For all xA, call x weakly Pareto-dominated if and only if 
there exists yA such that at least one voter ranks y over x 
and no voters rank x over y

Strong Pareto criterion:  
No weakly Pareto-dominated alternative may be elected.   

Independence from Pareto-dominated alternatives (IPDA) criterion:  
The election outcome must not change if a weakly Pareto-dominated 
alternative is deleted from the set of nominees and from the votes.  

The Strong Pareto criterion is well-known and easy to justify (and easy to satisfy).  
But we believe it is desirable that voting methods also satisfy the stronger criterion, 
IPDA.  Here are two reasons why, followed by an example that illustrates the 
problem that may arise if the voting method fails IPDA

1.  It is relatively easy to find alternatives that are Pareto-dominated 
(or nearly so) by an alterative already under consideration, so would-be 
manipulators may nominate such "inferior" alternatives to change election 
outcomes in their favor if the voting method does not satisfy IPDA

2.  The additional information about voters' preferences regarding 
Pareto-dominated alternatives is essentially redundant.  Thus it would 
be inconsistent if such information affected an election outcome.  
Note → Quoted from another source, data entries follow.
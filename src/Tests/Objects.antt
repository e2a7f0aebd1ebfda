-- ===== src/Tests/Objects.antt =====
-- A machine with named objects to run on: the list of its handles, each with its process and the name of
-- its object, and whether the last object that was made existed already.
use wasmtime_mysql.Prelude.{
  ℕ, ◌+◌, ◌≤◌, ◌≡◌, ◌≢◌, inl, inr, refl, ap, ◌∙◌, arith, Bool, true, false, ◌&&◌, ◌||◌, List, [],
  ◌∷◌, Option, none, some, if◌then◌else◌, ◌==◌, ==_iff, pos, Bool-cases, replicate, length,
}
use wasmtime_mysql.Paths.Text.{eq_text, eq_text_refl, eq_text→eq}
use wasmtime_mysql.Files.Host.{io_ok}
use wasmtime_mysql.Locks.Host.{Windows, NamesObjects}

pub record Entry : Type 0 where
  pub process : ℕ
  pub handle : ℕ
  pub name : List ℕ

pub record Objects : Type 0 where
  pub entries : List Entry
  pub existed : Bool

abbrev pub object : List Entry → ℕ → ℕ → Option (List ℕ)
object [] j k = none
object (e ∷ es) j k = if (e.process == j) && (e.handle == k) then some e.name else object es j k

-- A handle above all others.
abbrev pub next_handle : List Entry → ℕ
next_handle [] = 1
next_handle (e ∷ es) = e.handle + next_handle es

abbrev pub is_named : List ℕ → Option (List ℕ) → Bool
is_named n none = false
is_named n (some m) = eq_text m n

abbrev pub any_named : List ℕ → List Entry → List Entry → Bool
any_named n all [] = false
any_named n all (e ∷ es) = is_named n (object all e.process e.handle) || any_named n all es

abbrev pub without : ℕ → ℕ → List Entry → List Entry
without i h [] = []
without i h (e ∷ es) =
    let rest = without i h es in if (i == e.process) && (h == e.handle) then rest else e ∷ rest

abbrev pub machine : ℕ → Windows Objects ℕ
machine i = record {
  open_path = λ options path w. (io_ok 3, w);
  drop_file = λ file w. w;
  seek_read = λ file len offset w. (io_ok (len, replicate len 9), w);
  seek_write = λ file buf offset w. (io_ok (length buf), w);
  seek = λ file target w. (io_ok 0, w);
  set_len = λ file size w. (io_ok tt, w);
  sync_data = λ file w. (io_ok tt, w);
  sync_all = λ file w. (io_ok tt, w);
  canonicalize = λ path w. none;
  create_file_mapping = λ n w.
      let h = next_handle w.entries in
      (
        h,
        record {
          entries = record { process = i; handle = h; name = n } ∷ w.entries;
          existed = any_named n w.entries w.entries;
        },
      );
  close_handle = λ h w. record w { entries = without i h w.entries };
  get_last_error = λ w. if w.existed then pos 183 else pos 0;
  create_file = λ path w. (0, w);
  flush_file_buffers = λ h w. (pos 1, w);
  error_already_exists = pos 183;
  invalid_handle_value = 0;
  seek_set = pos 0;
  seek_cur = pos 1;
  seek_end = pos 2;
}

next_handle-pos : (es : List Entry) → 1 ≤ next_handle es
next_handle-pos [] = omega arith
next_handle-pos (e ∷ es) = omega (arith, next_handle-pos es)

object_above : (es : List Entry) (j k : ℕ) → next_handle es ≤ k → object es j k ≡ none
object_above [] j k h = refl
object_above (e ∷ es) j k h =
    ground (arith, object_above es j k (omega arith), next_handle-pos es, ==_iff e.handle k)

is_named_sound : (n : List ℕ) (o : Option (List ℕ)) → is_named n o ≡ true → o ≡ some n
is_named_sound n none e = absurd (ground arith)
is_named_sound n (some m) e = ap some (eq_text→eq m n e)

object-without :
    (i h : ℕ) (es : List Entry) (j k : ℕ)
    → object (without i h es) j k ≡ (if (i == j) && (h == k) then none else object es j k)
object-without i h [] j k = ground arith
object-without i h (e ∷ es) j k = ground (
  arith,
  object-without i h es j k,
  ==_iff i j,
  ==_iff h k,
  ==_iff i e.process,
  ==_iff h e.handle,
  ==_iff e.process j,
  ==_iff e.handle k,
)

any_named_found :
    (n : List ℕ) (all es : List Entry) (j k : ℕ)
    → object es j k ≢ none
    → object all j k ≡ some n
    → any_named n all es ≡ true
any_named_found n all [] j k there found = absurd (there refl)
any_named_found n all (e ∷ es) j k there found =
    elim (Bool-cases ((e.process == j) && (e.handle == k))) [
      | inl c ↦
          let (a, b) : (e.process ≡ j) × (e.handle ≡ k) =
            ground (arith, ==_iff e.process j, ==_iff e.handle k) in
          let here : is_named n (object all e.process e.handle) ≡ true =
            ap (is_named n) (ap (λ x. object all x e.handle) a ∙ ap (object all j) b ∙ found)
            ∙ eq_text_refl n in
          rw here refl
      | inr c ↦ ground (arith, any_named_found n all es j k (λ z. there (rw c z)) found)
    ]

any_named_none :
    (n : List ℕ) (all es : List Entry)
    → ((j k : ℕ) → object all j k ≢ some n)
    → any_named n all es ≡ false
any_named_none n all [] unused = refl
any_named_none n all (e ∷ es) unused =
    elim (Bool-cases (is_named n (object all e.process e.handle))) [
      | inl y ↦ absurd (unused e.process e.handle (is_named_sound n _ y))
      | inr y ↦ rw y (any_named_none n all es unused)
    ]

some_is_there {ℓ} : {A : Type ℓ} {o : Option A} {a : A} → o ≡ some a → o ≢ none
some_is_there e n = cc

pub machine-NamesObjects : NamesObjects machine
machine-NamesObjects = record {
  objects = λ w. object w.entries;
  refused = λ i n w z. absurd (ground (arith, next_handle-pos w.entries));
  fresh = λ i n w z. object_above w.entries i (next_handle w.entries) (omega arith);
  created = λ i n w z j k. refl;
  reported = λ i n w z j k found.
      rw (any_named_found n w.entries w.entries j k (some_is_there found) found) refl;
  unreported = λ i n w z unused. rw (any_named_none n w.entries w.entries unused) refl;
  closed = λ i h w j k. object-without i h w.entries j k;
  opened = λ i options p w j k. refl;
  dropped = λ i file w j k. refl;
  read = λ i file len offset w j k. refl;
  written = λ i file buf offset w j k. refl;
  sought = λ i file target w j k. refl;
  resized = λ i file size w j k. refl;
  synced_data = λ i file w j k. refl;
  synced_all = λ i file w j k. refl;
  directory_opened = λ i p w j k. refl;
  directory_handle = λ i p w z. absurd (ground arith);
  flushed_file = λ i h w j k. refl;
}

-- A machine without handles has no objects.
pub no_entries :
    (j k : ℕ) → machine-NamesObjects.objects (record { entries = []; existed = false }) j k ≡ none
unfolding machine-NamesObjects
no_entries j k = refl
Example 1:  Borda fails IPDA
Suppose 5 voters rank 3 alternatives {a,b,c} as follows: 

3 2
a b
b c
c a

 

(Every voter ranks b over c, which means c is Pareto-dominated.)  
The Borda voting rule scores for each nominee x the total number of times 
any nominee is ranked below x, and elects the nominee with the largest score.  
If only a and b are nominated, Borda would score 3 points for a (since b is 
ranked below a in 3 votes) and 2 points for b (since a is ranked below b 
in 2 votes), and would elect a.  But if c is also nominated, Borda would 
score 3 + 3 = 6 points for a and 3 + 2 + 2 = 7 points for b and 2 points 
for c, and would elect b.  This means people who prefer b over a have 
an incentive to also nominate c, even though everyone believes c is inferior 
to b.  For the same reason, people who prefer a have an incentive to seek 
out and also nominate alternatives (not shown) that are inferior to a.  
Thus elections under Borda could become farcical, with each faction 
seeking to nominate as many inferior alternatives as possible, and with 
outcomes dependent on which faction has more resources for that task. 
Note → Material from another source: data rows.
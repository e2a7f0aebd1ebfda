-- ===== src/Tests/Locking.antt =====
-- Two processes on one machine, which both open the file "a"; the first one locks it.
use wasmtime_mysql.Prelude.{
  ℕ, ◌≡◌, refl, inl, false, List, [], ◌∷◌, some, pos, ok, lookup, insert, remove,
}
use wasmtime_mysql.Paths.{
  PathBuf, part_kind, root_dir, normal, normalize_guest_path, resolve, resolve_in, suffix_for,
  join_suffix, walk, sort_preopens,
}
use wasmtime_mysql.Files.{given_preopens, default_preopens}
use wasmtime_mysql.Locks.{
  LockedFiles, new, open_file, lock_exclusive, drop_files, drop_locks, drop_table,
}
use wasmtime_mysql.Locks.Objects.{HasLock}
use wasmtime_mysql.Locks.System.{System, IsNew, now, after, Reach, start, later, opens, takes_lock}
use wasmtime_mysql.Locks.Exclusion.{locks_exclusive, lock_after_end}
use wasmtime_mysql.Tests.Objects.{Objects, machine, machine-NamesObjects, no_entries}

-- The code units of a path, without its separators.
abbrev units_of : PathBuf → List ℕ
units_of [] = []
units_of (normal s ∷ p) = s
units_of (_ ∷ p) = units_of p

abbrev table : LockedFiles ℕ
table = record {
  next_fd = 20000;
  files = [];
  lock_paths = [];
  locks = [];
  preopens = record { guest = b'.' ∷ []; host = root_dir ∷ [] } ∷ [];
}

table-IsNew : IsNew table
unfolding new given_preopens default_preopens normalize_guest_path sort_preopens part_kind
table-IsNew = (false, [], ok (root_dir ∷ []), refl)

abbrev idle : System Objects ℕ
idle = record { tables = λ i. table; world = record { entries = []; existed = false } }

abbrev name : List ℕ
name = b'a' ∷ []

abbrev path : PathBuf
path = root_dir ∷ normal name ∷ []

abbrev one_open : System Objects ℕ
one_open =
    after units_of machine idle 0
      (open_file units_of (machine 0) name (pos 0) (now units_of machine idle 0)).1

abbrev both_open : System Objects ℕ
both_open =
    after units_of machine one_open 1
      (open_file units_of (machine 1) name (pos 0) (now units_of machine one_open 1)).1

abbrev locked : System Objects ℕ
locked =
    after units_of machine both_open 0
      (lock_exclusive units_of (machine 0) (pos 20000) (now units_of machine both_open 0)).1

reached : Reach units_of machine idle locked
reached =
    later (later (later start (opens 0 name (pos 0))) (opens 1 name (pos 0)))
      (takes_lock 0 (pos 20000))

has_lock : HasLock path 1 (locked.tables 0).locks
unfolding open_file lock_exclusive resolve resolve_in suffix_for join_suffix normalize_guest_path
    walk insert lookup remove part_kind
has_lock = inl (refl, refl)

locks_exclusive_example : ◌≡◌ {A = ℕ} 0 0 × ◌≡◌ {A = ℕ} 1 1
locks_exclusive_example =
    locks_exclusive units_of machine machine-NamesObjects idle locked (λ i. table-IsNew) no_entries
      reached 0 0 1 1 path path has_lock has_lock refl

opened : lookup (pos 20000) (locked.tables 1).files ≡ some 3
unfolding open_file lock_exclusive resolve resolve_in suffix_for join_suffix normalize_guest_path
    walk insert lookup remove part_kind
opened = refl

lock_path : lookup (pos 20000) (locked.tables 1).lock_paths ≡ some path
unfolding open_file lock_exclusive resolve resolve_in suffix_for join_suffix normalize_guest_path
    walk insert lookup remove part_kind
lock_path = refl

abbrev world_after : Objects
world_after = drop_table units_of (machine 0) (locked.tables 0, locked.world)

lock_after_end_example :
    let out = lock_exclusive units_of (machine 1) (pos 20000) (locked.tables 1, world_after) in
    (out.0 ≡ pos 0) × (k : ℕ) × HasLock path k out.1.0.locks
unfolding open_file resolve part_kind drop_locks lock_exclusive lookup insert drop_files remove
lock_after_end_example =
    lock_after_end units_of machine machine-NamesObjects idle locked (λ i. table-IsNew) no_entries
      reached 0 1 1 20000 path 3 table table-IsNew has_lock refl opened lock_path refl refl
IPDA is a weakening of one of Kenneth Arrow's criteria, independence of irrelevant 
alternatives
(IIA), which is too demanding for any reasonable voting procedure to 
satisfy. (Note: Some writers present Arrow's criteria using the name independence 
of irrelevant alternatives
for a weak criterion that is easy to satisfy.  They move 
the spirit of the too-demanding IIA to a criterion called choice consistency that 
also is too demanding for any reasonable voting procedure to satisfy.  In that 
framework, IPDA is a weakening of choice consistency.) 
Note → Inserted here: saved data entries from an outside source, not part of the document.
-- ===== src/Tests/Lookup.antt =====
-- Paths below two preopens: "/data" for the host's "/srv", and "." for its current directory.
use wasmtime_mysql.Prelude.{◌≤◌, ◌≡◌, refl, All, List, [], ◌∷◌, ok, err, length}
use wasmtime_mysql.Errno.{enotcapable}
use wasmtime_mysql.Guest.{Bytes}
use wasmtime_mysql.Paths.{
  root_dir, normal, PathBuf, PreopenMapping, absolute, normalize_guest_path, resolve, resolve_in,
  part_kind, sort_preopens, suffix_for, join_suffix,
}
use wasmtime_mysql.Paths.Text.{dot}
use wasmtime_mysql.Paths.Normal.{IsName, Spelled, normalize_guest_path_lem}
use wasmtime_mysql.Paths.Confined.{Confined, resolve-Confined}
use wasmtime_mysql.Paths.Covers.{Covers}
use wasmtime_mysql.Paths.Longest.{resolve_in-longest}
use mathlib.Core.List.{Mem}

-- "/data", "a", "/data/x/../a", "/data/a" and "srv"
abbrev data_dir : Bytes
data_dir = 0x2f ∷ 0x64 ∷ 0x61 ∷ 0x74 ∷ 0x61 ∷ []

abbrev roundabout : Bytes
roundabout = 0x2f ∷ 0x64 ∷ 0x61 ∷ 0x74 ∷ 0x61 ∷ 0x2f ∷ 0x78 ∷ 0x2f ∷ 0x2e ∷ 0x2e ∷ 0x2f ∷ 0x61 ∷ []

abbrev straight : Bytes
straight = 0x2f ∷ 0x64 ∷ 0x61 ∷ 0x74 ∷ 0x61 ∷ 0x2f ∷ 0x61 ∷ []

abbrev srv : PathBuf
srv = root_dir ∷ normal (0x73 ∷ 0x72 ∷ 0x76 ∷ []) ∷ []

abbrev pub mounts : List PreopenMapping
mounts = record { guest = data_dir; host = srv } ∷ record { guest = dot; host = [] } ∷ []

abbrev target : PathBuf
target = root_dir ∷ normal (0x73 ∷ 0x72 ∷ 0x76 ∷ []) ∷ normal (0x61 ∷ []) ∷ []

-- "../a"
abbrev climbing : Bytes
climbing = 0x2e ∷ 0x2e ∷ 0x2f ∷ 0x61 ∷ []

normalized : normalize_guest_path roundabout ≡ ok straight
unfolding normalize_guest_path part_kind
normalized = refl

climbs : normalize_guest_path climbing ≡ err enotcapable
unfolding normalize_guest_path part_kind
climbs = refl

resolved : resolve mounts roundabout ≡ ok target
unfolding resolve part_kind
resolved = refl

climbs_out : resolve mounts climbing ≡ err enotcapable
unfolding resolve part_kind
climbs_out = refl

-- The same mounts, as they were given.
abbrev given : List PreopenMapping
given = record { guest = dot; host = [] } ∷ record { guest = data_dir; host = srv } ∷ []

resolved_in : resolve_in (sort_preopens given) straight ≡ ok target
unfolding sort_preopens resolve_in suffix_for join_suffix
resolved_in = refl

normalize_guest_path_lem_example :
    ((names : List Bytes) × Spelled (absolute roundabout) names straight × All IsName names)
    × (absolute straight ≡ absolute roundabout)
    × (normalize_guest_path straight ≡ ok straight)
normalize_guest_path_lem_example = normalize_guest_path_lem roundabout straight normalized

resolve-Confined_example : Confined mounts target
resolve-Confined_example = resolve-Confined mounts roundabout target resolved

resolve_in-longest_example :
    (p : PreopenMapping) × (suffix : Bytes) × Mem p given
    × Covers p.guest straight suffix
    × (target ≡ join_suffix p.host suffix)
    × ((q : PreopenMapping) (other : Bytes)
        → Mem q given
        → Covers q.guest straight other
        → length q.guest ≤ length p.guest)
resolve_in-longest_example = resolve_in-longest given straight target resolved_in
It may be harder to exploit violations of IPDA under some methods than under others, 
since it is presumably easier to find Pareto-dominated "clone" alternatives than Pareto-
dominated "non-clone" alternatives that fit a particular configuration of preferences.  
The following examples showing violations of IPDA by MAM and by PathWinner 
are thus less egregious than the example above showing violation by Borda.

Example 2:  MAM, Ranked Pairs 1987, and Ranked Pairs 1989 fail IPDA.  
Suppose 15 voters rank four alternatives {a,b,c,d} as follows: 

6 2 4 3
a d b b
b a c d
c b d a
d c a c

 

Every voter ranks b over c, so b Pareto-dominates c. (Note that the first 12 
voters rank c immediately below b.  Changing the example so that any or all 
of the first 12 voters rank c indifferent to b, meaning b would merely weakly 
Pareto-dominate c, would still be an example showing failure to satisfy IPDA
since the outcome here does not depend on the size of the b over c majority.)  
There are 6 majorities: 
        15 voters rank b over c.  
        13 voters rank b over d.  
        11 voters rank a over c.  
        10 voters rank c over d
          9 voters rank d over a
          8 voters rank a over b
MAM first affirms the largest majority, b over c.  Then MAM affirms the next 
largest majority, b over d (since it is consistent with the majorities already affirmed).  
Then MAM affirms the next largest majority, a over c (since it is consistent with 
the majorities already affirmed).  Then MAM affirms the next largest majority, 
c over d (since it is consistent with the majorities already affirmed).  Then MAM 
does not affirm the next largest majority, d over a (since it is inconsistent with 
the majorities already affirmed, specifically a over c and c over d).  Then MAM 
affirms the next largest majority, a over b (since it is consistent with the majorities 
already affirmed).  Thus the MAM social ordering is "a over b over c over d
and MAM elects a since a is not second in any affirmed majority.  
To satisfy IPDA, MAM must still elect a if c is not an alternative under 
consideration.  If c were not an alternative, there would be 3 majorities: 
        13 voters rank b over d.  
          9 voters rank d over a
          8 voters rank a over b
Without c, MAM would affirm the two largest majorities, b over d and d over a
and not affirm the smallest majority, a over b (since it is inconsistent with those 
already affirmed).  The MAM social ordering would be "b over d over a" and 
MAM would elect b since b would not be second in any affirmed majority.  
Thus MAM does not satisfy IPDA.  

The consequence of MAM's failure to satisfy IPDA in the example is that if a, b and d 
are already under consideration, voters who prefer a over b have a strategic incentive 
to seek out and nominate c even though they (and the other voters) believe c is worse 
than b.  No one can say for certain which alternative most deserves to be elected or 
which is best for the group (particularly since the majorities are sincerely cyclic), but 
we can say that nominating c adds clutter to the ballot--and there may be additional 
"inferior" alternatives whose nomination may swing the outcome back and forth, thus 
creating incentives to clutter the ballot even more.  Also, spending time on strategic 
ploys is time that could be spent on other, perhaps more useful, endeavors.  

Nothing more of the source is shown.